In June 2004, the National Cancer Institute and the Drug Information Association co-sponsored the conference, “Improving the Measurement of Health Outcomes through the Applications of Item Response Theory (IRT) Modeling: Exploration of Item Banks and Computer-Adaptive Assessment.” A component of the conference was presentation of a psychometric and content analysis of a secondary dataset.

Objectives

A thorough psychometric and content analysis was conducted of two primary domains within a cancer health-related quality of life (HRQOL) dataset.

Research design

HRQOL scales were evaluated using factor analysis for categorical data, IRT modeling, and differential item functioning analyses. In addition, computerized adaptive administration of HRQOL item banks was simulated, and various IRT models were applied and compared.

Subjects

The original data were collected as part of the NCI-funded Quality of Life Evaluation in Oncology (Q-Score) Project. A total of 1,714 patients with cancer or HIV/AIDS were recruited from 5 clinical sites.

Measures

Items from 4 HRQOL instruments were evaluated: Cancer Rehabilitation Evaluation System–Short Form, European Organization for Research and Treatment of Cancer Quality of Life Questionnaire, Functional Assessment of Cancer Therapy and Medical Outcomes Study Short-Form Health Survey.

Results and conclusions

Four lessons learned from the project are discussed: the importance of good developmental item banks, the ambiguity of model fit results, the limits of our knowledge regarding the practical implications of model misfit, and the importance in the measurement of HRQOL of construct definition. With respect to these lessons, areas for future research are suggested.

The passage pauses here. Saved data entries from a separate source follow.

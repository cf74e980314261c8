-- ===== src/Termux/Segment.antt =====
-- The recording of src/client/termux_api_player.cpp: `write_frames`, `open_next_segment_locked`,
-- `finalize_segment_locked`, `discard_segment_locked` and `flush`. The answers of the file system and the
-- clock are arguments; what a file holds besides its count of frames is left out.
use audio_router.Prelude.{
  ℕ, ◌*◌, ◌/◌, Bool, true, false, not, ◌&&◌, ◌||◌, List, [], ◌∷◌, Option, none, some, ltb, leb,
  ◌==◌, if◌then◌else◌,
}
use audio_router.Prelude.Word.{add64, sub64, mul64}
use audio_router.Config.{AudioConfig, AudioSampleFormat, pcm_float32le, bytes_per_frame}

-- A file for the issuer thread; its path follows from the index.
pub record PendingSegment : Type 0 where
  pub frames : ℕ
  pub seg_index : ℕ

pub record Recorder : Type 0 where
  pub is_open : Bool
  pub config : AudioConfig
  pub segment_ms : ℕ  -- uint32_t
  pub has_file : Bool  -- `seg_fd_ >= 0`
  pub seg_index : ℕ  -- uint64_t
  pub seg_start_wall_ms : ℕ  -- uint64_t
  pub seg_frames : ℕ  -- size_t
  pub seg_total_frames : ℕ  -- size_t
  pub seg_issued : Bool
  pub drops : ℕ  -- uint64_t
  pub pending : Option PendingSegment  -- `pending_`, where it is valid

-- `kPrefillMs`
abbrev pub prefill_ms : ℕ
prefill_ms = 600

-- The file system at `open_next_segment_locked`: the file opens and takes its size, or which fails.
pub data Opening : Type 0 where
  opens open_fails size_fails : Opening

-- `segment_ready`. The source divides doubles; with fewer than 2^53 / 1000 frames and a 32-bit rate the
-- quotient lies below the whole number `prefill` exactly when the products are so ordered.
unfoldable pub segment_ready : (frames rate start_ms now_ms prefill : ℕ) → Bool
segment_ready frames sample_rate start_ms now_ms prefill =
    let rate = if ltb 0 sample_rate then sample_rate else 48000 in
    let wall_ms = if leb start_ms now_ms then sub64 now_ms start_ms else 0 in
    if ltb (frames * 1000) (prefill * rate) then false else leb prefill wall_ms

unfoldable pub open_next_segment : Recorder → Opening → ℕ → Bool × Recorder
open_next_segment r opening now_ms =
    let closed = record r { has_file = false; seg_index = add64 r.seg_index 1 } in
    let total = mul64 r.segment_ms r.config.sample_rate / 1000 in
    elim opening [
      | opens ↦ (
        true,
        record closed {
          has_file = true;
          seg_total_frames = total;
          seg_frames = 0;
          seg_issued = false;
          seg_start_wall_ms = now_ms;
        },
      )
      | open_fails ↦ (false, closed)
      | size_fails ↦ (false, record closed { seg_total_frames = total })
    ]

unfoldable pub discard_segment : Recorder → ℕ → Recorder
discard_segment r now_ms = record r {
  has_file = false;
  seg_frames = 0;
  seg_issued = false;
  seg_start_wall_ms = now_ms;
}

abbrev pub is_some {ℓ} : {A : Type ℓ} → Option A → Bool
is_some none = false
is_some (some _) = true

-- The file that is handed over, where one is; a file that still waits there is replaced.
unfoldable pub finalize_segment : Recorder → Recorder × Option PendingSegment
finalize_segment r =
    let job : PendingSegment = record { frames = r.seg_frames; seg_index = r.seg_index } in
    if not r.has_file || r.seg_issued then (r, none) else (
      record r {
        seg_issued = true;
        pending = some job;
        drops = if is_some r.pending then add64 r.drops 1 else r.drops;
      },
      some job,
    )

-- What one `write` call answers, and the loop over them: does it store all the bytes? The answers end
-- with a failure.
pub data WriteResult : Type 0 where
  wrote : ℕ → WriteResult
  interrupted : WriteResult

unfoldable pub write_all : List WriteResult → (written total_bytes : ℕ) → Bool
write_all [] written total_bytes = leb total_bytes written
write_all (interrupted ∷ rs) written total_bytes =
    let rest = write_all rs written total_bytes in if ltb written total_bytes then rest else true
write_all (wrote n ∷ rs) written total_bytes =
    let rest = write_all rs (add64 written n) total_bytes in
    if ltb written total_bytes then (if n == 0 then false else rest) else true

-- One call of `write_frames`: its arguments, the answers and the clock readings.
pub record Call : Type 0 where
  pub has_pcm : Bool
  pub num_frames : ℕ
  pub opening : Opening
  pub open_ms : ℕ
  pub results : List WriteResult
  pub discard_ms : ℕ
  pub ready_ms : ℕ
  pub next_opening : Opening
  pub next_ms : ℕ

pub record Written : Type 0 where
  pub recorder : Recorder
  pub count : ℕ
  pub handed : Option PendingSegment

abbrev pub stopped : Recorder → Written
stopped r = record { recorder = r; count = 0; handed = none }

-- The bytes of a frame in the file: floats stay, everything else becomes 16 bits.
unfoldable pub is_float : AudioSampleFormat → Bool
is_float pcm_float32le = true
is_float _ = false

unfoldable pub file_frame_bytes : AudioConfig → ℕ
file_frame_bytes c = if is_float c.format then bytes_per_frame c else mul64 2 c.channels

-- The handover of a file that is ready, once.
unfoldable pub issue : Recorder → ℕ → Recorder × Option PendingSegment
issue r now_ms =
    if not r.seg_issued
      && segment_ready r.seg_frames r.config.sample_rate r.seg_start_wall_ms now_ms prefill_ms
    then finalize_segment r
    else (r, none)

-- The next file, when this one is complete.
unfoldable pub rotate : Recorder → Opening → ℕ → Recorder
rotate r opening now_ms =
    if ltb 0 r.seg_total_frames && leb r.seg_total_frames r.seg_frames
    then (open_next_segment r opening now_ms).1
    else r

-- The part behind the opening of a file.
unfoldable pub record_frames : Recorder → Call → Written
record_frames r c =
    let total_bytes = mul64 c.num_frames (file_frame_bytes r.config) in
    let stored = record r { seg_frames = add64 r.seg_frames c.num_frames } in
    let issued = issue stored c.ready_ms in
    if not (write_all c.results 0 total_bytes)
    then stopped (discard_segment r c.discard_ms)
    else record {
      recorder = rotate (issued.0) c.next_opening c.next_ms;
      count = c.num_frames;
      handed = issued.1;
    }

unfoldable pub write_frames : Recorder → Call → Written
write_frames r c =
    let opened = open_next_segment r c.opening c.open_ms in
    if not c.has_pcm || c.num_frames == 0
    then stopped r
    else if not r.is_open
    then stopped r
    else if bytes_per_frame r.config == 0
    then stopped r
    else if r.has_file
    then record_frames r c
    else if opened.0
    then record_frames (opened.1) c
    else stopped (opened.1)

unfoldable pub flush : Recorder → ℕ → Recorder
flush r now_ms =
    let r1 = if ltb 0 r.seg_frames then discard_segment r now_ms else r in
    if not r.is_open then r else record r1 { pending = none }

-- What the issuer and the watchdog do to the recording: they take the waiting file, and restart it.
unfoldable pub restart : Recorder → ℕ → Recorder
restart r now_ms = if r.is_open && ltb 0 r.seg_frames then discard_segment r now_ms else r

pub data Event : Type 0 where
  write_call : Call → Event
  flush_call restart_call : ℕ → Event
  take_job : Event

unfoldable pub step : Recorder → Event → Recorder × Option PendingSegment
step r (write_call c) = let w = write_frames r c in (w.recorder, w.handed)
step r (flush_call now_ms) = (flush r now_ms, none)
step r (restart_call now_ms) = (restart r now_ms, none)
step r take_job = (record r { pending = none }, none)

abbrev pub noted : Option PendingSegment → List PendingSegment → List PendingSegment
noted none jobs = jobs
noted (some job) jobs = job ∷ jobs

-- The files that a series of events hands over, in their order.
unfoldable pub handed : Recorder → List Event → List PendingSegment
handed r [] = []
handed r (e ∷ es) = let s = step r e in noted (s.1) (handed (s.0) es)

The feasibility of developing item banks for broad definitions of health is discussed.

Keywords

Quality of Life Health Status Measurement Outcomes 

Notes

Acknowledgments

Study supported by NIH/NCI (Y1-PC-3028-01) and NIH R01 (CA60068). Additional salary support provided by National Institute of Arthritis and Musculoskeletal and Skin Diseases (1U01AR52171-01).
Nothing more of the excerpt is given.